Our study had several limitations. Some of the limitations were caused by UMLS codes that were not well-defined. For example, a code “thicken” was an entity that was frequently extracted by MedLEE and then subsequently statistically associated with one of the drugs. A manual review indicated that some concepts, such as “thickened sigmoid” and “thickened valve leaflet” were encoded correctly as combinations of “thicken” with body location qualifiers but there were no individual UMLS codes that corresponded to either of the two complete concepts. Therefore, the single and poorly defined concept “thicken” was used. Another limitation is that, for our initial study, we included narrative reports for inpatients. As a result, our findings should be understood in the context of a sick patient population, which affected our results in several ways. First, the details in the documentation may be different. For example, “temperature increased slightly” might be less documented for outpatients than for inpatients because an increased temperature could be perceived as being more burdensome for inpatients because they are sicker. Second, inpatients may be more prone to have ADEs due to their weakened conditions and because they are more likely to be taking multiple medications. However, this limitation is due to the type of reports we focused on and not the methodology. In subsequent studies we will adapt our methods to a corpus consisting of multiple outpatient visits as well as hospital admissions, so the information relating to a patient will span a longer period and so that we will obtain a more varied patient population including healthier patients. However, that will likely introduce new challenges. A further limitation of this investigation is the fact that the reference standard was obtained using only one expert, and only seven drugs were tested. A more comprehensive evaluation will be undertaken in our future work.

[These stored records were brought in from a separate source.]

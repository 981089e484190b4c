-- ===== src/Intermediate/HourFields/Lookup.antt =====
-- One of the 24 fields, chosen by its hour.
use starnext_import.Intermediate.HourFields.Match.{hour_list-change_hour}
use starnext_import.Intermediate.HourFields.{
  HourFields, all_hours, change_hour, hour_list, change_at,
}
use starnext_import.Prelude.{
  ℕ, zero, suc, ◌<◌, ◌≡◌, ◌∙◌, ap, refl, List, [], ◌∷◌, length, if◌then◌else◌, ◌==◌, arith, All,
}

module _ {A : Type 0} where
  -- The item at an index, and a default past the end.
  abbrev pub item_at : A → ℕ → List A → A
  item_at d h [] = d
  item_at d zero (x ∷ xs) = x
  item_at d (suc h) (x ∷ xs) = item_at d h xs

  -- The field of an hour; a default for 24 and more.
  abbrev pub at_hour : A → ℕ → HourFields A → A
  at_hour d h v = item_at d h (hour_list v)

  item_at-change_at :
      (d : A) (h i : ℕ) (f : A → A) (xs : List A)
      → h < length xs
      → item_at d h (change_at i f xs) ≡ (if h == i then f (item_at d h xs) else item_at d h xs)
  item_at-change_at d h i f [] lt = absurd (omega arith)
  item_at-change_at d zero zero f (x ∷ xs) lt = refl
  item_at-change_at d zero (suc i) f (x ∷ xs) lt = ground arith
  item_at-change_at d (suc h) zero f (x ∷ xs) lt = ground arith
  item_at-change_at d (suc h) (suc i) f (x ∷ xs) lt =
      item_at-change_at d h i f xs (omega arith) ∙ ground arith

  item_at_same : (d : A) (h : ℕ) (xs : List A) → All (λ x. x ≡ d) xs → item_at d h xs ≡ d
  item_at_same d h [] same = refl
  item_at_same d zero (x ∷ xs) same = same.0
  item_at_same d (suc h) (x ∷ xs) same = item_at_same d h xs same.1

  pub at_hour-change_hour :
      (d : A) (h i : ℕ) (f : A → A) (v : HourFields A)
      → h < 24
      → at_hour d h (change_hour i f v) ≡ (if h == i then f (at_hour d h v) else at_hour d h v)
  at_hour-change_hour d h i f v lt =
      ap (item_at d h) (hour_list-change_hour i f v)
      ∙ item_at-change_at d h i f (hour_list v) (omega arith)

  pub at_hour-all_hours : (d : A) (h : ℕ) → at_hour d h (all_hours d) ≡ d
  unfolding all_hours
  at_hour-all_hours d h = item_at_same d h (hour_list (all_hours d)) (
    refl,
    (
      refl,
      (
        refl,
        (
          refl,
          (
            refl,
            (
              refl,
              (
                refl,
                (
                  refl,
                  (
                    refl,
                    (
                      refl,
                      (
                        refl,
                        (
                          refl,
                          (
                            refl,
                            (
                              refl,
                              (
                                refl,
                                (
                                  refl,
                                  (
                                    refl,
                                    (refl, (refl, (refl, (refl, (refl, (refl, (refl, tt))))))),
                                  ),
                                ),
                              ),
                            ),
                          ),
                        ),
                      ),
                    ),
                  ),
                ),
              ),
            ),
          ),
        ),
      ),
    ),
  )
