-- ===== src/Denormalize/Speed/Raw.antt =====
-- The raw speeds of a key, read against the vehicles of that key.
use starnext_import.Denormalize.Keys.{NonNormalCountKey, key_beq, key_beq_iff, key_eq}
use starnext_import.Denormalize.Speed.{
  NonNormalRawSpeedValue, raw_first, raw_insert, speed_key, gather_speeds,
}
use starnext_import.External.Chrono.{Chrono}
use starnext_import.External.Float.{Float}
use starnext_import.FieldMetadata.{FieldMetadata}
use starnext_import.Intermediate.HourFields.{all_hours}
use starnext_import.Intermediate.HourFields.Lookup.{at_hour, at_hour-change_hour, at_hour-all_hours}
use starnext_import.Prelude.HashMap.{HashMap, lookup, upsert, lookup-upsert, modified_or}
use starnext_import.Prelude.{
  ℕ, ◌<◌, ◌≡◌, ◌∙◌, sym, ap, refl, Bool, true, false, ◌&&◌, List, [], ◌∷◌, ◌++◌, Option, none, some,
  inl, inr, ok, fold_loop, if◌then◌else◌, ◌==◌, All,
}
use starnext_import.Records.{IndividualVehicle}
use starnext_import.SpeedClass.Gather.{
  Fits, given, given-none, lane_direction-given, lane_direction-none,
}
use mathlib.Core.List.{append_assoc, append-nil}

append_if :
    {A : Type 0} (b : Bool) (xs : List A) (x : A)
    → (if b then xs ++ x ∷ [] else xs) ≡ xs ++ (if b then x ∷ [] else [])
append_if true xs x = refl
append_if false xs x = sym (append-nil xs)

module _ ⦃f : Float⦄ where
  -- The speeds of an hour; none where there is no value.
  abbrev pub speeds_of : ℕ → Option NonNormalRawSpeedValue → List f.F32
  speeds_of h none = []
  speeds_of h (some v) = at_hour [] h v

  speeds_of-insert :
      (h hour : ℕ) (x : f.F32) (o : Option NonNormalRawSpeedValue)
      → h < 24
      → speeds_of h (some (modified_or (λ v. raw_insert v hour x) (raw_first hour x) o))
        ≡ (if h == hour then speeds_of h o ++ x ∷ [] else speeds_of h o)
  unfolding raw_first raw_insert
  speeds_of-insert h hour x none lt =
      at_hour-change_hour [] h hour (λ _. x ∷ []) (all_hours []) lt
      ∙ ap (λ (o : List f.F32). if h == hour then x ∷ [] else o) (at_hour-all_hours [] h)
  speeds_of-insert h hour x (some v) lt = at_hour-change_hour [] h hour (λ s. s ++ x ∷ []) v lt

  speeds_if :
      (b : Bool) (h hour : ℕ) (x : f.F32) (o p : Option NonNormalRawSpeedValue)
      → h < 24
      → (b ≡ true → p ≡ o)
      → speeds_of h
          (if b then some (modified_or (λ v. raw_insert v hour x) (raw_first hour x) p) else o)
        ≡ speeds_of h o ++ (if b && h == hour then x ∷ [] else [])
  speeds_if true h hour x o p lt same =
      ap (λ q. speeds_of h (some (modified_or (λ v. raw_insert v hour x) (raw_first hour x) q)))
        (same refl)
      ∙ speeds_of-insert h hour x o lt
      ∙ append_if (h == hour) (speeds_of h o) x
  speeds_if false h hour x o p lt same = sym (append-nil (speeds_of h o))

module _ ⦃c : Chrono⦄ ⦃f : Float⦄ (m : FieldMetadata) where
  -- The speed of a vehicle of this key and hour.
  abbrev pub speed_at : NonNormalCountKey → ℕ → IndividualVehicle → List f.F32
  speed_at k h v = elim (given m.directions v.lane) [
    | some d ↦
        if key_beq k (speed_key m d v) && h == c.hour (c.time v.time) then v.speed ∷ [] else []
    | none ↦ []
  ]

  -- The speeds of the vehicles of this key and hour, in their order.
  abbrev pub speeds_at : NonNormalCountKey → ℕ → List IndividualVehicle → List f.F32
  speeds_at k h [] = []
  speeds_at k h (v ∷ vs) = speed_at k h v ++ speeds_at k h vs

  gather_round :
      (speeds : HashMap NonNormalCountKey NonNormalRawSpeedValue) (v : IndividualVehicle)
      → Fits m.directions v.lane
      → (speeds' : HashMap NonNormalCountKey NonNormalRawSpeedValue) × (gather_speeds m speeds v
          ≡ ok speeds')
        × ((k : NonNormalCountKey) (h : ℕ)
            → h < 24
            → speeds_of h (lookup k speeds') ≡ speeds_of h (lookup k speeds) ++ speed_at k h v)
  unfolding gather_speeds
  gather_round speeds v (inr e) = (
    speeds,
    rw (lane_direction-none m.directions v.lane e) refl,
    λ k h lt.
        rw (given-none m.directions v.lane e, speed_at)
          (sym (append-nil (speeds_of h (lookup k speeds)))),
  )
  gather_round speeds v (inl (d, e)) =
      let j = speed_key m d v in
      (
        upsert j (λ t. raw_insert t (c.hour (c.time v.time)) v.speed)
            (raw_first (c.hour (c.time v.time)) v.speed) speeds,
        rw (lane_direction-given m.directions v.lane d e) refl,
        λ k h lt.
            rw (e, speed_at)
              (ap (speeds_of h) (
                  lookup-upsert k j (λ t. raw_insert t (c.hour (c.time v.time)) v.speed)
                    (raw_first (c.hour (c.time v.time)) v.speed) speeds)
                ∙ speeds_if (key_beq k j) h (c.hour (c.time v.time)) v.speed (lookup k speeds)
                    (lookup j speeds) lt
                    (λ same. ap (λ i. lookup i speeds) (sym ((key_beq_iff k j).0 same)))),
      )

  gather_from :
      (counts : List IndividualVehicle) (speeds : HashMap NonNormalCountKey NonNormalRawSpeedValue)
      → All (λ v. Fits m.directions v.lane) counts
      → (speeds' : HashMap NonNormalCountKey NonNormalRawSpeedValue) × (fold_loop
            (gather_speeds m)
            counts
            speeds
          ≡ ok speeds')
        × ((k : NonNormalCountKey) (h : ℕ)
            → h < 24
            → speeds_of h (lookup k speeds')
              ≡ speeds_of h (lookup k speeds) ++ speeds_at k h counts)
  unfolding fold_loop
  gather_from [] speeds fit =
      (speeds, refl, λ k h lt. sym (append-nil (speeds_of h (lookup k speeds))))
  gather_from (v ∷ counts) speeds fit =
      let (s1, e1, r1) = gather_round speeds v fit.0 in
      let (s2, e2, r2) = gather_from counts s1 fit.1 in
      (
        s2,
        rw e1 e2,
        λ k h lt.
            r2 k h lt
            ∙ ap (λ l. l ++ speeds_at k h counts) (r1 k h lt)
            ∙ append_assoc (speeds_of h (lookup k speeds)) (speed_at k h v) (speeds_at k h counts),
      )

  -- If no lane panics, the loop over the vehicles ends without an error, and gathers at every key
  -- and hour the speeds of the vehicles of that key and hour in lanes with a direction, in their
  -- order.
  pub gather_speeds-speeds_at :
      (counts : List IndividualVehicle) (k : NonNormalCountKey) (h : ℕ)
      → All (λ v. Fits m.directions v.lane) counts
      → h < 24
      → (speeds : HashMap NonNormalCountKey NonNormalRawSpeedValue) × (fold_loop
            (gather_speeds m)
            counts
            []
          ≡ ok speeds)
        × (speeds_of h (lookup k speeds) ≡ speeds_at k h counts)
  gather_speeds-speeds_at counts k h fit lt =
      let (speeds, e, r) = gather_from counts [] fit in
      (speeds, e, r k h lt ∙ unfold lookup in refl)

Although the methods discussed in this work focuses on pharmacovigilance, the same methodology could readily be broadened to include adverse events associated with vaccines, devices, and procedures. Extension to these patient safety domains would involve using MedLEE to extract these types of events rather than just drug events, and using similar statistical processes to determine signals, although determination of the thresholds would have to be optimized. In future research, we will experiment with such an extension.
While our study proves the feasibility of our method more work is needed to establish our method as a surveillance system. The success of this system relies on the following two fundamental components of the proposed method: (1) use of NLP to generate useful data, and (2) creation of a statistical methodology that successfully deals with the data obtained. Both of these components are important and supplement each other. In particular, the identification of the appropriate threshold(s) is at the heart of successfully extending this feasibility paper to a real time pharmacovigilance system. What we have used in this study, which is based on previously published work, is an operational threshold that provided reasonable results. In our future work, we will be experimenting with a variety of ideas for identifying and evaluating this threshold. If we are successful, precision should be significantly improved.